**Your task**: Output, please, exactly those lines of the listing that come before the line with "unfolding map_get map_set", along with that line itself.

**Dataset content**:
-- ===== src/Tracker/Laws.antt =====
-- What the tracker (swarm/node/blockavailability.go) knows after an update.
use juren_cluster.Prelude.{
  length, ◌⊎◌, ◌≡◌, ◌≢◌, refl, sym, ◌∙◌, arith, Bool, true, false, Option, none, some, List, [],
  ◌∷◌, Bool-cases, Option-cases, inl, inr, if◌then◌else◌,
}
use juren_cluster.Oid.{Oid, oid_eq}
use juren_cluster.Oid.RoundTrip.{oid_eq_iff}
use juren_cluster.Tracker.{
  OidMap, map_get, map_set, BlockInfo, Tracker, new_tracker, info_or_new, update, who_has,
  available_nodes,
}

module _ {V : Type 0} where
  pub get-set :
      (k j : Oid) (v : V) (m : OidMap V)
      → map_get j (map_set k v m) ≡ (if oid_eq k j then some v else map_get j m)
  unfolding map_get map_set
  get-set k j v [] = refl
  get-set k j v ((i, w) ∷ m) =
      ground (arith, oid_eq_iff k j, oid_eq_iff i k, oid_eq_iff i j, get-set k j v m)

known_in : Oid → Option BlockInfo → Option Bool
known_in node_oid none = none
known_in node_oid (some bi) = map_get node_oid bi.nodes

-- The last thing that is known of a node and a block.
pub knows : Tracker → Oid → Oid → Option Bool
unfolding known_in
knows b block_oid node_oid = known_in node_oid (map_get block_oid b.blocks)

known_in_new :
    (o : Option BlockInfo) (node node' : Oid) (available : Bool)
    → map_get node' (map_set node available (info_or_new o).nodes)
      ≡ (if oid_eq node node' then some available else known_in node' o)
unfolding known_in info_or_new
known_in_new none node node' available = get-set node node' available [] ∙ unfold map_get in refl
known_in_new (some bi) node node' available = get-set node node' available bi.nodes

-- After an update what is recorded of its node and its block is what the update says, and of all
-- other nodes and blocks what was recorded before.
pub knows-update :
    (b : Tracker) (block node block' node' : Oid) (available : Bool)
    → knows (update b block node available).0 block' node' ≡ (
        if oid_eq block block'
        then (if oid_eq node node' then some available else knows b block' node')
        else knows b block' node')
unfolding knows update
knows-update b block node block' node' available =
    rw (get-set block block' _ b.blocks) (elim (Bool-cases (oid_eq block block')) [
      | inl same ↦
          rw (same, ← (oid_eq_iff block block').0 same)
            (known_in_new (map_get block b.blocks) node node' available)
      | inr other ↦ rw other
    ])

-- An identifier stands in the list.
pub contains : Oid → List Oid → Bool
contains o [] = false
contains o (p ∷ ps) = if oid_eq p o then true else contains o ps

-- No key of a map stands in it twice.
abbrev NoKey {ℓ} : {V : Type ℓ} → Oid → List (Oid × V) → Type 0
NoKey k [] = Unit {0}
NoKey k ((j, v) ∷ m) = (k ≢ j) × NoKey k m

abbrev Distinct {ℓ} : {V : Type ℓ} → List (Oid × V) → Type 0
Distinct [] = Unit {0}
Distinct ((k, v) ∷ m) = NoKey k m × Distinct m

NoKey-set :
    {V : Type 0} (i k : Oid) (v : V) (m : OidMap V) → i ≢ k → NoKey i m → NoKey i (map_set k v m)
unfolding map_set
NoKey-set i k v [] ne h = (ne, tt)
NoKey-set i k v ((j, w) ∷ m) ne h = elim (Bool-cases (oid_eq j k)) [
  | inl same ↦ rw same (ne, h.1)
  | inr other ↦ rw other (h.0, NoKey-set i k v m ne h.1)
]

Distinct-set : {V : Type 0} (k : Oid) (v : V) (m : OidMap V) → Distinct m → Distinct (map_set k v m)
unfolding map_set
Distinct-set k v [] h = (tt, tt)
Distinct-set k v ((j, w) ∷ m) h = elim (Bool-cases (oid_eq j k)) [
  | inl same ↦ rw (same, ← (oid_eq_iff j k).0 same) h
  | inr other ↦ rw other (
    NoKey-set j k v m (λ e. ground (arith, other, (oid_eq_iff j k).1 e)) h.0,
    Distinct-set k v m h.1,
  )
]

unfoldable pub is_true : Option Bool → Bool
is_true (some true) = true
is_true _ = false

contains-NoKey : (o : Oid) (m : OidMap Bool) → NoKey o m → contains o (available_nodes m) ≡ false
unfolding contains available_nodes
contains-NoKey o [] h = refl
contains-NoKey o ((j, true) ∷ m) h =
    ground (arith, h.0, oid_eq_iff j o, λ (e : j ≡ o). sym e, contains-NoKey o m h.1)
contains-NoKey o ((j, false) ∷ m) h = contains-NoKey o m h.1

contains-available_nodes :
    (o : Oid) (m : OidMap Bool)
    → Distinct m
    → contains o (available_nodes m) ≡ is_true (map_get o m)
unfolding contains available_nodes map_get is_true
contains-available_nodes o [] h = refl
contains-available_nodes o ((j, true) ∷ m) h = elim (Bool-cases (oid_eq j o)) [
  | inl same ↦ rw same
  | inr other ↦ rw other (contains-available_nodes o m h.1)
]
contains-available_nodes o ((j, false) ∷ m) h = elim (Bool-cases (oid_eq j o)) [
  | inl same ↦ rw same (contains-NoKey o m (rw (← (oid_eq_iff j o).0 same) h.0))
  | inr other ↦ rw other (contains-available_nodes o m h.1)
]

-- The nodes of every block are the keys of a map.
pub record IsTracker (b : Tracker) : Type 0 where
  pub nodes_distinct :
      (block : Oid) (bi : BlockInfo) → map_get block b.blocks ≡ some bi → Distinct bi.nodes

pub new_tracker-IsTracker : IsTracker new_tracker
unfolding map_get
new_tracker-IsTracker = record { nodes_distinct = λ block bi e. absurd (ground (arith, e)) }

-- An update of a tracker whose maps have each key once gives such a tracker.
pub update-IsTracker :
    (b : Tracker) (block node : Oid) (available : Bool)
    → IsTracker b
    → IsTracker (update b block node available).0
unfolding update
update-IsTracker b block node available h = record {
  nodes_distinct = λ block' bi e. changed block' bi e (Bool-cases (oid_eq block block'));
}
  where
    old_distinct :
        (o : Option BlockInfo) → map_get block b.blocks ≡ o → Distinct (info_or_new o).nodes
    old_distinct none e = unfold info_or_new in tt
    old_distinct (some bi) e = unfold info_or_new in h.nodes_distinct block bi e

    new_info : BlockInfo
    new_info = record (info_or_new (map_get block b.blocks)) {
      nodes = map_set node available (info_or_new (map_get block b.blocks)).nodes;
    }

    changed :
        (block' : Oid) (bi : BlockInfo)
        → map_get block' (map_set block new_info b.blocks) ≡ some bi
        → (oid_eq block block' ≡ true) ⊎ (oid_eq block block' ≡ false)
        → Distinct bi.nodes
    changed block' bi e (inl same) =
        let new : new_info ≡ bi = ground (arith, e, same, get-set block block' new_info b.blocks) in
        rw (← new) (Distinct-set node available _ (old_distinct (map_get block b.blocks) refl))
    changed block' bi e (inr other) =
        h.nodes_distinct block' bi
          (ground (arith, e, other, get-set block block' new_info b.blocks))

-- In a tracker whose maps have each key once, `WhoHas` of a block lists a node exactly if the
-- last that was recorded of the node and the block is that it has it.
pub contains-who_has :
    (b : Tracker) (block node : Oid)
    → IsTracker b
    → contains node (who_has b block) ≡ is_true (knows b block node)
unfolding who_has knows
contains-who_has b block node h = elim (Option-cases (map_get block b.blocks)) [
  | inl missing ↦ rw missing (unfold contains is_true in refl)
  | inr (bi, found) ↦
      rw found (contains-available_nodes node bi.nodes (h.nodes_distinct block bi found))
]

pub contains-length : (o : Oid) (ps : List Oid) → contains o ps ≡ true → length ps ≢ 0
unfolding contains
contains-length o [] h = λ e. cc h
contains-length o (p ∷ ps) h = λ e. ground (arith, e)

**Answer to this task**:
-- ===== src/Tracker/Laws.antt =====
-- What the tracker (swarm/node/blockavailability.go) knows after an update.
use juren_cluster.Prelude.{
  length, ◌⊎◌, ◌≡◌, ◌≢◌, refl, sym, ◌∙◌, arith, Bool, true, false, Option, none, some, List, [],
  ◌∷◌, Bool-cases, Option-cases, inl, inr, if◌then◌else◌,
}
use juren_cluster.Oid.{Oid, oid_eq}
use juren_cluster.Oid.RoundTrip.{oid_eq_iff}
use juren_cluster.Tracker.{
  OidMap, map_get, map_set, BlockInfo, Tracker, new_tracker, info_or_new, update, who_has,
  available_nodes,
}

module _ {V : Type 0} where
  pub get-set :
      (k j : Oid) (v : V) (m : OidMap V)
      → map_get j (map_set k v m) ≡ (if oid_eq k j then some v else map_get j m)
  unfolding map_get map_set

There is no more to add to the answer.